Vers le milieu des années 1990, l’usage de l’internet se massifie en France.

Dès lors, les recettes marketing éprouvées dans les autres secteurs de la vie économique vont lui être appliquées, avec plus ou moins de succès. En outre, la nature interactive et relationnelle de ce nouveau média va obliger les marketers à renouveler leurs boîtes à outils. Parallèlement, le marché du jeu vidéo n’a cessé de se développer depuis la fin des années 1980. Mais qu’en est-il des communautés virtuelles ? Est-ce que les liens entre les dispositifs de communications écrites partagées et le marché entraînent une rationalisation marchande dont la conséquence serait une altération des valeurs de discussions, de partages et d’émulation propres à un certain communautarisme électronique ?
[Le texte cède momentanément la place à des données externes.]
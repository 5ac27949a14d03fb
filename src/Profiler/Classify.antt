-- ===== src/Profiler/Classify.antt =====
-- `classify_insn_32` and `classify_insn_16` of dpi-riscv/sim/iss/herve_profiler.c.
use herve.Base.{ℕ, ◌&&◌, ◌==◌, if◌then◌else◌}
use herve.Word.{field}
use herve.Profiler.Defs.{CfType, cf_none, cf_call, cf_ret, cf_jump}

unfoldable pub classify_insn_32 : ℕ → CfType
classify_insn_32 insn =
    let opcode = field insn 0 7 in
    let rd = field insn 7 5 in
    let rs1 = field insn 15 5 in
    if opcode == 0x6f
    then (if rd == 0 then cf_jump else cf_call)
    else if opcode == 0x67
    then (if rd == 0 then (if rs1 == 1 then cf_ret else cf_jump) else cf_call)
    else cf_none

unfoldable pub classify_insn_16 : ℕ → CfType
classify_insn_16 insn =
    let quadrant = field insn 0 2 in
    let funct3 = field insn 13 3 in
    let funct4 = field insn 12 4 in
    let rs2 = field insn 2 5 in
    let rs1 = field insn 7 5 in
    if quadrant == 1
    then (if funct3 == 1 then cf_call else if funct3 == 5 then cf_jump else cf_none)
    else if quadrant == 2
    then (if funct4 == 8 && rs2 == 0
        then (if rs1 == 1 then cf_ret else cf_jump)
        else if funct4 == 9 && rs2 == 0
        then cf_call
        else cf_none)
    else cf_none
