-- ===== src/Thread/Shares.antt =====
-- What a persistent transport means for the channels that are made later.
use grpc_php_rs.Channel
use grpc_php_rs.Common.{ℕ, ◌≡◌, ◌∙◌, sym, String, [], ◌∷◌, ◌++◌, Option, some, get_elem?}
use grpc_php_rs.Host.{Host, Zval, Table}
use grpc_php_rs.Error.{GrpcError, Result, ok}
use grpc_php_rs.Metadata.Map.{Tonic}
use grpc_php_rs.Credentials.{ChannelCredentials}
use grpc_php_rs.Channel.Endpoint.{Transport, EndpointConfig}
use grpc_php_rs.Channel.Grows.{endpoints}
use grpc_php_rs.Channel.Rearranged.{Rearranged, read_config-Rearranged}
use grpc_php_rs.Channel.Reuse.{transport_of, construct-registers, construct_found}
use grpc_php_rs.Channel.{Config, World, read_config}
use grpc_php_rs.Thread.Closed.{Reach-Grows}
use grpc_php_rs.Thread.{Thread, Reach}

module _ ⦃host : Host⦄ ⦃tonic : Tonic⦄ (extract : Zval → Option ChannelCredentials)
    (transport : Transport) where
  -- A channel that may be persisted determines the transport of every later channel with the same
  -- target and the same arguments, in whatever order they are written: whatever operations come between, closing the first channel and failed
  -- calls on it included, the later one gets the same transport, makes no other, and finds it built
  -- from the same endpoint as before.
  pub reuses_forever :
      (t : Thread) (runtime runtime' : Result GrpcError ℕ) (target : String) (args args' : Table)
      (u : Thread) {c : Config} {key : String} {ch : Channel.Channel} {i : ℕ}
      {endpoint : EndpointConfig} {w : World}
      → read_config extract target args ≡ ok c
      → c.persist_key ≡ some key
      → Channel.construct extract transport runtime target args t.world ≡ (ok ch, w)
      → transport_of (ok ch) ≡ some i
      → get_elem? (endpoints w) i ≡ some endpoint
      → Rearranged args args'
      → Reach extract transport (record t { world = w; channels = t.channels ++ ch ∷ [] }) u
      → let made = Channel.construct extract transport runtime' target args' u.world in
        (transport_of made.0 ≡ transport_of (ok ch))
        × (made.1.shared ≡ u.world.shared)
        × (get_elem? (endpoints u.world) i ≡ some endpoint)
  reuses_forever t runtime runtime' target args args' u {key = key} {i = i} {endpoint = endpoint} p
        q e has built order reach =
      let grows = Reach-Grows extract transport reach in
      let found =
        construct_found extract transport runtime' target args' u.world
          (read_config-Rearranged extract target order p) q
          (grows.stays_registered key i
            (construct-registers extract transport runtime target args t.world p q e has)) in
      (found.0 ∙ sym has, found.1, grows.stays_built i endpoint built)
Le jeu vidéo Deuxième Monde, en tant que communauté virtuelle selon la définition provisoire que nous nous sommes donnés, se trouve donc pris dans notre hypothèse d’une rationalisation marchande du communautarisme électronique. Dès son origine, les managers du DM ont cherché à rentabiliser le site. La commercialisation des espaces publicitaires, confiée dès l’origine du DM à la société Numériland, témoigne de cet état de fait. D’ailleurs, historiquement, ce sont les entrepreneurs à l’origine des communautés lucratives généralistes tels que Geocities, Egroups aux Etats- Unis, Respublica, Le Village et surtout le Deuxième Monde en France, qui ont compris les premiers l’intérêt des dispositifs de communications écrites partagées en termes de valorisation marketing de l’audience et de l’interactivité8. De plus, en ce qui concerne le commerce électronique, la communauté virtuelle ludique de Canal Plus a eu un rôle de pionnier puisqu’au travers des différentes boutiques vendues sous forme de concessions à certaines marques ou enseignes, il était question d’agréger les membres dans un espace marchand pour mieux les fidéliser. L’exemple de la boutique Cetelem fut l’un des plus aboutis, nous y reviendrons. Enfin, on peut tout à fait considérer que les concessions de boutiques dans le DM

8. Notons sur que sur l’ensemble des exemples emblématiques cités, seul Le Village a résisté à la vague de rachats et d’alliances qui a vu, entre 2000 et 2002, le web lucratif se concentrer autours de quelques poids lourds tels que Yahoo ! et Tiscali. C’est ainsi que Respulica est devenu le service « communauté » du portail Tiscali.fr et que E- groups devenait Yahoo.groups, tandis qu’outre-Atlantique, Geocities s’intégrait également à l’offre Yahoo ! au travers de Yahoo.geocities. Quand au Deuxième Monde, pourtant adossé à un géant des télécommunications, Vivendi, et, à ce titre, prédestiné à se maintenir, il a disparu corps et biens.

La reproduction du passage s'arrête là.